To Airbnb or not to Airbnb...that is the question

I’m one of the 6m homeowners in the UK, over 50, with at least two empty bedrooms. Like many of my generation, the rooms became vacant when my kids left home. Within six months, both were listed on Airbnb, providing me with an income that enabled me to start a new business without immediately requiring a full-time salary.

Living two stops from a mainline station in London, it took a matter of weeks for my rooms to get booked and within 6 months, both were both operating at nearly 100% occupancy. This was five years ago at a time when Airbnb was not nearly so established in London and still considered somewhat of a novelty experience.

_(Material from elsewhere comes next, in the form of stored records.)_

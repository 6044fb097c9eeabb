-- ===== src/Auth.antt =====
-- smp/auth.go, smp/auth_cb.go and smp/dh.go: the authorization of commands. The primitives of
-- crypto/ed25519, crypto/ecdh, crypto/sha512 and nacl/secretbox are parameters.
pub mod Deniable
use simplex_go.Base.{
  ℕ, ◌+◌, Bool, false, Option, none, some, ◌++◌, ◌==◌, if◌then◌else◌, length, take, replicate,
  Bytes, bytes_eq, Result, wrap_result, bind_result, other, ok, err,
}
use simplex_go.Dial.{x25519_key_size, X25519}

-- ecdh.X25519(): NewPrivateKey, NewPublicKey and ECDH; sha512.Sum512; secretbox.Seal and Open, on
-- the message or the box, the nonce and the key.
pub record Crypto : Type 0 where
  pub new_private_key : Bytes → Result Bytes
  pub new_public_key : Bytes → Result Bytes
  pub ecdh : Bytes → Bytes → Result Bytes
  pub sum512 : Bytes → Bytes
  pub seal : Bytes → Bytes → Bytes → Bytes
  pub open_box : Bytes → Bytes → Bytes → Option Bytes
  pub sign : Bytes → Bytes → Bytes

abbrev pub cb_authenticator_size : ℕ
cb_authenticator_size = 16 + 64

-- ed25519.PrivateKeySize
abbrev pub private_key_size : ℕ
private_key_size = 64

-- var a [n]byte; copy(a[:], bs)
abbrev pub copied : ℕ → Bytes → Bytes
copied n bs = take n (bs ++ replicate n 0)

-- What VerifyCbAuth makes of the result of secretbox.Open; `none` is ok == false.
unfoldable pub same_digest : Bytes → Option Bytes → Bool
same_digest digest none = false
same_digest digest (some plain) = bytes_eq plain digest

module _ (crypto : Crypto) where
  -- Ed25519Signer.Authorize
  unfoldable pub ed25519_authorize : Bytes → Bytes → Bytes → Result Bytes
  ed25519_authorize key authorized nonce =
      if length key == private_key_size
      then ok (crypto.sign key authorized)
      else err (other "smp: invalid Ed25519 private key length")

  unfoldable pub derive_shared : (priv peer_pub : Bytes) → Result Bytes
  derive_shared priv peer_pub =
      if length priv == x25519_key_size
      then (if length peer_pub == x25519_key_size
          then bind_result (wrap_result "smp: parse X25519 private" (crypto.new_private_key priv))
              (λ priv_key.
                bind_result
                  (wrap_result "smp: parse X25519 peer pub" (crypto.new_public_key peer_pub))
                  λ pub_key. wrap_result "smp: X25519 ECDH" (crypto.ecdh priv_key pub_key))
          else err (other "smp: X25519 peer public key must be 32 bytes"))
      else err (other "smp: X25519 private key must be 32 bytes")

  -- X25519AuthSigner.Authorize, with its fields Priv and PeerPub.
  unfoldable pub cb_authorize : (priv peer_pub : Bytes) → (authorized nonce : Bytes) → Result Bytes
  cb_authorize priv peer_pub authorized nonce =
      if length priv == x25519_key_size
      then (if length peer_pub == x25519_key_size
          then bind_result (wrap_result "smp: derive sessSecret" (derive_shared priv peer_pub))
              (λ shared.
                let tag =
                  crypto.seal (crypto.sum512 authorized) (copied 24 nonce) (copied 32 shared) in
                if length tag == cb_authenticator_size
                then ok tag
                else err (other "smp: unexpected tag size"))
          else err (other "smp: X25519 peer pub must be 32 bytes"))
      else err (other "smp: X25519 priv must be 32 bytes")

  unfoldable pub verify_cb_auth : (peer_pub own_priv nonce tag authorized : Bytes) → Result Bool
  verify_cb_auth peer_pub own_priv nonce tag authorized =
      if length tag == cb_authenticator_size
      then bind_result (wrap_result "smp: derive sessSecret" (derive_shared own_priv peer_pub))
          (λ shared. ok (
            same_digest (crypto.sum512 authorized)
              (crypto.open_box tag (copied 24 nonce) (copied 32 shared))))
      else err (other "smp: tag must be 80 bytes")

My guests were mostly curious about the concept and delighted to be living in a real London home. Courteous and respectful, adventurous types, I imagined that prior to discovering Airbnb they might have sought out quirky guesthouses rather than stay in the big, chain hotels. Over the course of the next few months, I met many with whom I kept in touch. Some, like myself, were hosts in their own country and we enjoyed swapping stories about our respective experience of being part of this burgeoning, exciting new business.

As much as I enjoyed meeting guests in the early days of hosting, my enthusiasm for the daily changeover quickly waned. Operating one room on Airbnb was manageable, even if the one-day bookings didn’t generate much profit with all the washing and cleaning products I had to use. Managing two rooms was a different story and any dreams I’d had of eventually retiring to run a small boutique hotel somewhere warm, disappeared, once I realised the considerable amount of time that looking after two or more guests entailed.

As Airbnb’s reputation grew, so did the type of people that used the service. The early adventurers who were nearly all happy just having somewhere clean and cosy in which to sleep turned into many more who expected 5* hotel service at hostel prices!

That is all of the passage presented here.